Dan juga berpendapat politik Indonesia terbagi antara populisme dan oligarki.

-Populisme bisa berarti Kepercayaan bahwa mayoritas opini rakyat dikontrol atau dicek oleh minoritas elit' (Harry Lazer, 1967).

-atau 'Sosialisme yang muncul dalam negara agraris terbelakang yang sedang menghadapi masalah modernisasi' (Andrzej Walicki, 1968).

-pada dasarnya adalah ideologi rakyat kecil pedesaan yang terancam oleh serbuan kapitalisme industri dan finansial' (Peter Worsely, 1967).

-Populisme 'pada dasarnya adalah gerakan rakyat pedesaan yang berusaha mewujudkan nilai-nilai tradisional dalam masyarakat yang sedang berubah' (Peter calvret, 1967-LSE).

-Populisme adalah Kepercayaan bahwa mayoritas opini rakyat dikontrol atau dicek oleh minoritas elit (Harry Lazer, 1967).

-Populisme adalah Kredo atau gerakan yang didasarkan atas premis utama bahwa nilai moral yang paling baik itu terletak pada rakyat sederhana yang merupakan mayoritas besar, dan pada tradisi kolektif mereka (Peter wiles, 1967).

-Kehendak rakyat itu sendiri merupakan yang tertinggi diatas semua standar yang lain (Edward Shils, 1956).

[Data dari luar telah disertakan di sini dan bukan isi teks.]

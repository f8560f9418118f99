-- ===== src/Simulator/Oldest.antt =====
-- The oldest waiting instruction can wake up, if dependencies go backwards.
use accelsim_lite.Prelude.{
  ℕ, ◌+◌, ◌<◌, ◌≡◌, ap, subst, ◌∙◌, ◌≢◌, inl, inr, true, List, [], ◌∷◌, arith, ltb, Bool-cases,
  count, contains, count-append, length, get_or, All,
}
use native.Mathlib.Decide.{dec_lt}
use accelsim_lite.Config.{SimulatorConfig, FitsWords}
use accelsim_lite.Simulator.{start}
use accelsim_lite.Scheduler.{deps_satisfied, deps_satisfied_iff}
use accelsim_lite.Pipeline.{State, at}
use accelsim_lite.Instruction.{stage_rank, Instruction, blank}
use accelsim_lite.Pipeline.Moves.{Moves, one-Move, Moves_keep}
use accelsim_lite.Pipeline.Program.{SameProgram, SameProgram-trans, Move-SameProgram}
use accelsim_lite.Pipeline.Resources.{IsAccounted, Move-IsAccounted}
use accelsim_lite.Pipeline.Placement.{slot_indices, IsPlaced}
use accelsim_lite.Pipeline.Order.{
  count-range, count-range-ne, IsOrdered, Move-IsOrdered, AreRetired, Move-AreRetired,
}
use accelsim_lite.Pipeline.Work.{WithinBound, Moves-WithinBound}
use accelsim_lite.Pipeline.Placement.Steps.{Move-IsPlaced}
use accelsim_lite.Simulator.Safety.{start-length, start-SameOperation}

-- Each dependency names an earlier instruction.
abbrev pub GoesBackwards : List Instruction → Type 0
GoesBackwards workload =
    (i : ℕ)
    → i < length workload
    → (dep : ℕ) → count dep (get_or workload i blank).deps ≢ 0
    → (j : ℕ) × (j < i) × ((get_or workload j blank).id ≡ dep)

pub record IsRunning (config : SimulatorConfig) (bound : ℕ) (workload : List Instruction)
    (s : State) : Type 0 where
  pub placed : IsPlaced s
  pub accounted : IsAccounted config s
  pub ordered : IsOrdered s
  pub known : AreRetired s
  pub within : WithinBound bound s
  pub same : SameProgram (start workload) s

pub Moves-IsRunning :
    {config : SimulatorConfig} {bound : ℕ} {workload : List Instruction} {s t : State}
    → FitsWords config
    → Moves config s t
    → IsRunning config bound workload s
    → IsRunning config bound workload t
Moves-IsRunning {config} {bound} {workload} fits ms v =
    Moves_keep (IsRunning config bound workload)
      (λ s t m r. record {
        placed = Move-IsPlaced s t m r.placed;
        accounted = Move-IsAccounted fits s t m r.accounted;
        ordered = Move-IsOrdered s t m r.ordered;
        known = Move-AreRetired s t m r.placed r.known;
        within = Moves-WithinBound bound (one-Move m) r.within;
        same = SameProgram-trans r.same (Move-SameProgram m);
      })
      ms v

-- A smallest number of the list.
least :
    (x : ℕ) (xs : List ℕ)
    → (m : ℕ) × (count m (x ∷ xs) ≢ 0) × ((j : ℕ) → j < m → count j (x ∷ xs) ≡ 0)
least x [] = (x, ground arith, λ j h. ground arith)
least x (y ∷ ys) =
    let (m, is_in, is_least) = least y ys in
    elim (Bool-cases (ltb x m)) [
      | inl less ↦ (x, ground arith, λ j h. ground (arith, is_least j))
      | inr more ↦ (m, ground arith, λ j h. ground (arith, is_least j))
    ]

All-of_count : (P : ℕ → Type 0) (xs : List ℕ) → ((a : ℕ) → count a xs ≢ 0 → P a) → All P xs
All-of_count P [] f = tt
All-of_count P (x ∷ xs) f = (f x (ground arith), All-of_count P xs (λ a h. f a (ground arith)))

dispatched-lt :
    (s : State) (i : ℕ)
    → IsPlaced s
    → (order : IsOrdered s) → count i s.dispatch_q ≢ 0
    → (i < order.first) × (i < s.next_to_fetch)
dispatched-lt s i placed order h = elim (dec_lt i order.first) [
  | yes lt ↦ (lt, omega (arith, order.reaches))
  | no ge ↦
      let held_i : (i < s.next_to_fetch) × (stage_rank (at s i).stage ≡ 2) =
        ground (arith, (placed.places i).in_dispatch) in
      let in_queue : count i s.decode_q + count i s.fetch_q ≢ 0 = ground (
        arith,
        count-range-ne i order.first order.waiting (omega arith) (omega (arith, order.reaches)),
        ap (count i) order.in_order,
        count-append i s.decode_q s.fetch_q,
      ) in
      absurd (ground (arith, (placed.places i).in_decode, (placed.places i).in_fetch))
]

-- With nothing past dispatch, what is older than all of `dispatch_q` is done.
older_done :
    (s : State) (i : ℕ)
    → IsPlaced s
    → (order : IsOrdered s) → s.ready_q ≡ []
    → s.retire_q ≡ []
    → s.exec_slots ≡ []
    → i < order.first
    → i < s.next_to_fetch
    → count i s.dispatch_q ≡ 0
    → stage_rank (at s i).stage ≡ 6
older_done s i placed order r t e lt next none_in = ground (
  arith,
  placed.places i,
  ap (count i) r,
  ap (count i) t,
  ap (λ slots. count i (slot_indices slots)) e,
  count-range i order.first order.waiting lt,
  ap (count i) order.in_order,
  count-append i s.decode_q s.fetch_q,
)

pub oldest_ready :
    {config : SimulatorConfig} {bound : ℕ} {workload : List Instruction} (s : State)
    → IsRunning config bound workload s
    → GoesBackwards workload
    → (idx : ℕ) (rest : List ℕ) → s.dispatch_q ≡ idx ∷ rest
    → s.ready_q ≡ []
    → s.retire_q ≡ []
    → s.exec_slots ≡ []
    → (m : ℕ) × (count m s.dispatch_q ≢ 0) × (deps_satisfied (at s m) s.retired_ids ≡ true)
oldest_ready {workload} s v back idx rest e r t x =
    let (m, is_in, is_least) = least idx rest in
    let here : count m s.dispatch_q ≢ 0 = ground (arith, ap (count m) e) in
    let (first, next) = dispatched-lt s m v.placed v.ordered here in
    let range : m < length workload =
      omega (arith, v.placed.in_range, v.same.same_length, start-length workload) in
    let program = λ (i : ℕ). start-SameOperation workload i (v.same.same_at i) in
    let retired = λ (dep : ℕ) (h : count dep (at s m).deps ≢ 0).
      let (j, older, id) =
        back m range dep (subst (λ deps. count dep deps ≢ 0) (program m).same_deps h) in
      let out : count j s.dispatch_q ≡ 0 = ap (count j) e ∙ is_least j older in
      let over = older_done s j v.placed v.ordered r t x (omega arith) (omega arith) out in
      subst (λ d. contains s.retired_ids d ≡ true) ((program j).same_id ∙ id)
        (v.known j (omega arith) over) in
    (
      m,
      here,
      (deps_satisfied_iff (at s m) s.retired_ids).1
          (All-of_count (λ dep. contains s.retired_ids dep ≡ true) (at s m).deps retired),
    )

- atau sebuah gerakan politik yang menikmati dukungan masa kaum buruh kota maupun kaum petani desa, tetapi tak berasal dari kekuatan

-organisasi yang otonom mereka sendiri, buruh maupun petani (Torcuato S. di Tella, 1965).

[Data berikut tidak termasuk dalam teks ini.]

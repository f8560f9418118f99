-- ===== src/Simulator/Stages.antt =====
-- When a stage of a cycle does something.
use accelsim_lite.Prelude.{
  ℕ, zero, suc, ◌<◌, ◌≡◌, refl, ap, subst, inl, inr, List, ◌∷◌, arith, leb, Bool-cases, length,
  succeed, >>=-succeeds, succeed_injective, sym, ◌≢◌, true, false, [], ◌++◌, ltb, count,
  length-append, ◌∙◌, List-cases,
}
use accelsim_lite.Config.{SimulatorConfig}
use accelsim_lite.Pipeline.{
  ExecSlot, State, at, retire_one, retire_loop, retire_all, tick_slots, start_tick, after_tick,
  advance, bump_stall,
}
use accelsim_lite.Instruction.{is_memory_op}
use accelsim_lite.Pipeline.Moves.{
  Move, retires, advances, issues_memory, issues_compute, no_move, retire_loop-Moves,
  issue_loop-Moves, wakes, dispatches, decodes, fetches, wake_loop-Moves, dispatch_loop-Moves,
  decode_loop-Moves, fetch_loop-Moves,
}
use accelsim_lite.Pipeline.Front.{
  issue, issue_loop, issue_all, wake_up, requeue, wake, wake_loop, dispatch_one, dispatch_loop,
  decode_one, decode_loop, fetch_one, fetch_loop,
}
use accelsim_lite.Pipeline.Work.{work, WithinBound, Move-first}
use mathlib.Core.List.{append_assoc, append-nil}
use accelsim_lite.Scheduler.{deps_satisfied}
use accelsim_lite.Prelude.Text.{codes}

-- Each stage can do something in a cycle.
pub record IsLive (config : SimulatorConfig) : Type 0 where
  pub fetches_some : 0 < config.fetch_width
  pub decodes_some : 0 < config.decode_width
  pub dispatches_some : 0 < config.dispatch_width
  pub issues_some : 0 < config.issue_width
  pub has_unit : 0 < config.compute_units
  pub has_port : 0 < config.memory_ports
  pub has_dispatch_room : 0 < config.dispatch_queue_capacity
  pub has_ready_room : 0 < config.ready_queue_capacity

pub positive_suc : (n : ℕ) → 0 < n → (m : ℕ) × (n ≡ suc m)
positive_suc zero h = absurd (omega arith)
positive_suc (suc n) h = (n, refl)

module _ (config : SimulatorConfig) (bound : ℕ) where
  pub retire_all-works :
      (s : State) (idx : ℕ) (rest : List ℕ)
      → s.retire_q ≡ idx ∷ rest
      → WithinBound bound s
      → work bound (retire_all s) < work bound s
  unfolding retire_all retire_loop retire_one
  retire_all-works s idx rest e w =
      let m : Move config s (retire_one idx (record s { retire_q = rest })) =
        retires s idx rest e in
      simp (e, retire_loop)
        (Move-first bound m (omega arith)
          (retire_loop-Moves config rest (retire_one idx (record s { retire_q = rest })) refl) w)

  pub advance-works :
      (s t : State) (slot : ExecSlot) (slots : List ExecSlot)
      → s.exec_slots ≡ slot ∷ slots
      → advance s ≡ succeed t
      → WithinBound bound s
      → work bound t < work bound s
  unfolding advance
  advance-works s t slot slots e h w =
      let (u, p, q) =
        >>=-succeeds (tick_slots s.exec_slots (start_tick s)) (λ u. succeed (after_tick s u)) h in
      let m : Move config s (after_tick s u) = advances s u p in
      subst (λ t. work bound t < work bound s) (succeed_injective q refl refl)
        (Move-first bound m (omega (arith, ap length e)) (no_move (after_tick s u)) w)

  -- With no slot taken, the instruction at the front of `ready_q` is issued.
  issue-works :
      (s : State) (idx : ℕ) (rest : List ℕ)
      → IsLive config
      → s.ready_q ≡ idx ∷ rest
      → s.compute_in_use ≡ 0
      → s.memory_in_use ≡ 0
      → WithinBound bound s
      → (n : ℕ)
      → work bound (issue_loop config n (issue config idx 0 (record s { ready_q = rest }))).0
        < work bound s
  unfolding issue
  issue-works s idx rest live e c m w n = elim (Bool-cases (leb config.issue_width 0)) [
    | inl none_left ↦ absurd (ground (arith, live.issues_some))
    | inr some_left ↦ rw some_left (elim (Bool-cases (is_memory_op (at s idx).type)) [
      | inl memory ↦ rw memory (elim (Bool-cases (leb config.memory_ports s.memory_in_use)) [
        | inl full ↦ absurd (ground (arith, live.has_port))
        | inr free ↦ rw free (
            Move-first {config = config} bound (issues_memory s idx rest e memory (ground arith))
              (omega arith) (issue_loop-Moves config n _ _) w)
      ])
      | inr compute_op ↦
          rw compute_op (elim (Bool-cases (leb config.compute_units s.compute_in_use)) [
            | inl full ↦ absurd (ground (arith, live.has_unit))
            | inr free ↦ rw free (
                Move-first {config = config} bound
                  (issues_compute s idx rest e compute_op (ground arith)) (omega arith)
                  (issue_loop-Moves config n _ _) w)
          ])
    ])
  ]

  issue_loop-works :
      (s : State) (idx : ℕ) (rest : List ℕ) (n : ℕ)
      → IsLive config
      → s.ready_q ≡ idx ∷ rest
      → s.compute_in_use ≡ 0
      → s.memory_in_use ≡ 0
      → WithinBound bound s
      → work bound (issue_loop config (suc n) (s, 0)).0 < work bound s
  unfolding issue_loop
  issue_loop-works s idx rest n live e c m w =
      simp (e, issue_loop) (issue-works s idx rest live e c m w n)

  pub issue_all-works :
      (s : State) (idx : ℕ) (rest : List ℕ)
      → IsLive config
      → s.ready_q ≡ idx ∷ rest
      → s.compute_in_use ≡ 0
      → s.memory_in_use ≡ 0
      → WithinBound bound s
      → work bound (issue_all config s) < work bound s
  unfolding issue_all
  issue_all-works s idx rest live e c m w =
      subst (λ n. work bound (issue_loop config n (s, 0)).0 < work bound s) (sym (ap length e))
        (issue_loop-works s idx rest (length rest) live e c m w)

  wake-works :
      (s : State) (idx : ℕ) (rest : List ℕ) (n : ℕ)
      → s.dispatch_q ≡ idx ∷ rest
      → deps_satisfied (at s idx) s.retired_ids ≡ true
      → length s.ready_q < config.ready_queue_capacity
      → WithinBound bound s
      → work bound (wake_loop config n (wake config idx (record s { dispatch_q = rest })))
        < work bound s
  unfolding wake
  wake-works s idx rest n e sat room w =
      let m : Move config s (wake_up idx (record s { dispatch_q = rest })) =
        wakes s idx rest e sat room in
      let free : ltb (length s.ready_q) config.ready_queue_capacity ≡ true = ground arith in
      rw sat (rw free (Move-first bound m (omega arith) (wake_loop-Moves config n _) w))

  -- An instruction that still waits goes to the back of the queue, with the work unchanged.
  wake-waits :
      (s : State) (idx : ℕ) (rest : List ℕ) (n : ℕ)
      → s.dispatch_q ≡ idx ∷ rest
      → deps_satisfied (at s idx) s.retired_ids ≡ false
      → (wake config idx (record s { dispatch_q = rest }) ≡ record s {
        dispatch_q = rest ++ idx ∷ [];
        stats = bump_stall s (codes "WaitingDependency");
      })
        × (work bound (record s {
          dispatch_q = rest ++ idx ∷ [];
          stats = bump_stall s (codes "WaitingDependency");
        })
            ≡ work bound s)
  unfolding wake requeue work
  wake-waits s idx rest n e later =
      let q : length (rest ++ idx ∷ []) ≡ length s.dispatch_q =
        omega (arith, ap length e, length-append rest (idx ∷ [])) in
      (simp later, simp q)

  wake_loop-first :
      (s : State) (idx : ℕ) (rest : List ℕ) (n : ℕ)
      → s.dispatch_q ≡ idx ∷ rest
      → wake_loop config (suc n) s
        ≡ wake_loop config n (wake config idx (record s { dispatch_q = rest }))
  unfolding wake_loop
  wake_loop-first s idx rest n e = simp (e, wake_loop) refl

  -- Wake-up does something where an instruction in `dispatch_q` has its dependencies retired.
  pub wake_loop-works :
      (before after : List ℕ) (s : State) (ready_one : ℕ)
      → IsLive config
      → s.dispatch_q ≡ before ++ after
      → s.ready_q ≡ []
      → count ready_one before ≢ 0
      → deps_satisfied (at s ready_one) s.retired_ids ≡ true
      → WithinBound bound s
      → work bound (wake_loop config (length before) s) < work bound s
  wake_loop-works [] after s r live e none_ready c sat w = absurd (c refl)
  wake_loop-works (idx ∷ before) after s r live e none_ready c sat w =
      let first = wake_loop-first s idx (before ++ after) (length before) e in
      elim (Bool-cases (deps_satisfied (at s idx) s.retired_ids)) [
        | inl now ↦
            let room : length s.ready_q < config.ready_queue_capacity =
              omega (arith, ap length none_ready, live.has_ready_room) in
            subst (λ t. work bound t < work bound s) (sym first)
              (wake-works s idx (before ++ after) (length before) e now room w)
        | inr later ↦
            let next : State = record s {
              dispatch_q = (before ++ after) ++ idx ∷ [];
              stats = bump_stall s (codes "WaitingDependency");
            } in
            let (same, kept) = wake-waits s idx (before ++ after) 0 e later in
            let other : count r before ≢ 0 = ground arith in
            let less =
              wake_loop-works before (after ++ idx ∷ []) next r live
                (append_assoc before after (idx ∷ [])) none_ready other sat w in
            omega (
              arith,
              less,
              kept,
              ap (work bound) (first ∙ ap (wake_loop config (length before)) same),
            )
      ]

  pub dispatch_loop-works :
      (s : State) (idx : ℕ) (rest : List ℕ) (n : ℕ)
      → s.decode_q ≡ idx ∷ rest
      → length s.dispatch_q < config.dispatch_queue_capacity
      → WithinBound bound s
      → work bound (dispatch_loop config (suc n) s) < work bound s
  unfolding dispatch_loop
  dispatch_loop-works s idx rest n e room w =
      let m : Move config s (dispatch_one idx (record s { decode_q = rest })) =
        dispatches s idx rest e room in
      elim (Bool-cases (leb config.dispatch_queue_capacity (length s.dispatch_q))) [
        | inl full ↦ absurd (ground arith)
        | inr free ↦
            simp (e, dispatch_loop)
              (rw free (Move-first bound m (omega arith) (dispatch_loop-Moves config n _) w))
      ]

  pub decode_loop-works :
      (s : State) (idx : ℕ) (rest : List ℕ) (n : ℕ)
      → s.fetch_q ≡ idx ∷ rest
      → WithinBound bound s
      → work bound (decode_loop (suc n) s) < work bound s
  unfolding decode_loop
  decode_loop-works s idx rest n e w =
      let m : Move config s (decode_one idx (record s { fetch_q = rest })) = decodes s idx rest e in
      simp (e, decode_loop) (Move-first bound m (omega arith) (decode_loop-Moves config n _) w)

  pub fetch_loop-works :
      (s : State) (n : ℕ)
      → s.next_to_fetch < length s.instructions
      → WithinBound bound s
      → work bound (fetch_loop (suc n) s) < work bound s
  unfolding fetch_loop
  fetch_loop-works s n lt w =
      let m : Move config s (fetch_one s) = fetches s lt in
      let more : ltb s.next_to_fetch (length s.instructions) ≡ true = ground arith in
      rw (more, fetch_loop) (Move-first bound m (omega arith) (fetch_loop-Moves config n _) w)

module _ (config : SimulatorConfig) where
  wake-keeps :
      (idx : ℕ) (s : State)
      → ((wake config idx s).compute_in_use ≡ s.compute_in_use)
        × ((wake config idx s).memory_in_use ≡ s.memory_in_use)
        × ((more : List ℕ) × ((wake config idx s).ready_q ≡ s.ready_q ++ more))
  unfolding wake wake_up requeue
  wake-keeps idx s = elim (Bool-cases (deps_satisfied (at s idx) s.retired_ids)) [
    | inl sat ↦ rw sat (elim (Bool-cases (ltb (length s.ready_q) config.ready_queue_capacity)) [
      | inl room ↦ rw room (refl, refl, (idx ∷ [], refl))
      | inr full ↦ rw full (refl, refl, ([], sym (append-nil s.ready_q)))
    ])
    | inr later ↦ rw later (refl, refl, ([], sym (append-nil s.ready_q)))
  ]

  -- Wake-up changes the units and slots in use nowhere, and `ready_q` at its back only.
  pub wake_loop-keeps :
      (n : ℕ) (s : State)
      → ((wake_loop config n s).compute_in_use ≡ s.compute_in_use)
        × ((wake_loop config n s).memory_in_use ≡ s.memory_in_use)
        × ((more : List ℕ) × ((wake_loop config n s).ready_q ≡ s.ready_q ++ more))
  unfolding wake_loop
  wake_loop-keeps zero s = (refl, refl, ([], sym (append-nil s.ready_q)))
  wake_loop-keeps (suc n) s = elim (List-cases s.dispatch_q) [
    | inl e ↦ simp (e, wake_loop) (wake_loop-keeps n s)
    | inr (idx, rest, e) ↦
        let next = wake config idx (record s { dispatch_q = rest }) in
        let (c, m, (more, q)) = wake_loop-keeps n next in
        let (c', m', (more', q')) = wake-keeps idx (record s { dispatch_q = rest }) in
        simp (e, wake_loop)
          (
            c ∙ c',
            m ∙ m',
            (more' ++ more, q ∙ (ap (λ xs. xs ++ more) q' ∙ append_assoc s.ready_q more' more)),
          )
  ]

Sementara oligarki didefinisikan oleh Slatter adalah politik antara para elit politik, atau hubungan vertikal.

Menurut Slatter, demokrasi Indonesia lebih mirip dibandingkan dengan India, dibanding Thailand atau Filipina. 'India juga menganut oligarki, dan populis' jelasnya.

Slatter mewanti-wanti bahwa Indonesia punya potensi menjadi negara besar, asalkan bisa mengelola kebijakan politiknya dengan baik.

Pemilu 2014 diharapkan akan ada pembagian kekuasaan seimbang, sehingga hubungan parpol dan massa akan membaik.

Menurut Slatter, Gerindra akan dibawa Prabowo menjadi cenderung populis, sementara Golkar cenderung oligarki, sementara PDIP akan memajukan demokrasi.

Slatter juga berpendapat bahwa Indonesia bukanlah negara sekuler, seperti yang didengungkan beberapa pihak selama ini.

Dan mengaku sudah tidak asing lagi dengan kondisi politik di Indonesia. Sebab, ia sudah banyak menelurkan buku tentang peta politik Indonesia di Amerika, untuk menjadi referensi.

Dan memprediksi Gerindra tak bisa bicara banyak soal pencapresan.

'Gerindra mungkin naik untuk Pileg, tapi untuk Pilpres susah. Kecuali dia mau jadi oposisi pemerintah,' ujarnya.

Dan juga memprediksi Gerindra dan PDIP tak akan berkoalisi. Prediksinya didasarkan pada buruknya hubungan kedua partai setelah batalnya Perjanjian Batu Tulis dan aksi saling sindir.
'Jadi PDIP berkoalisi lagi dengan Gerindra kemungkinannya kecil,' prediksinya.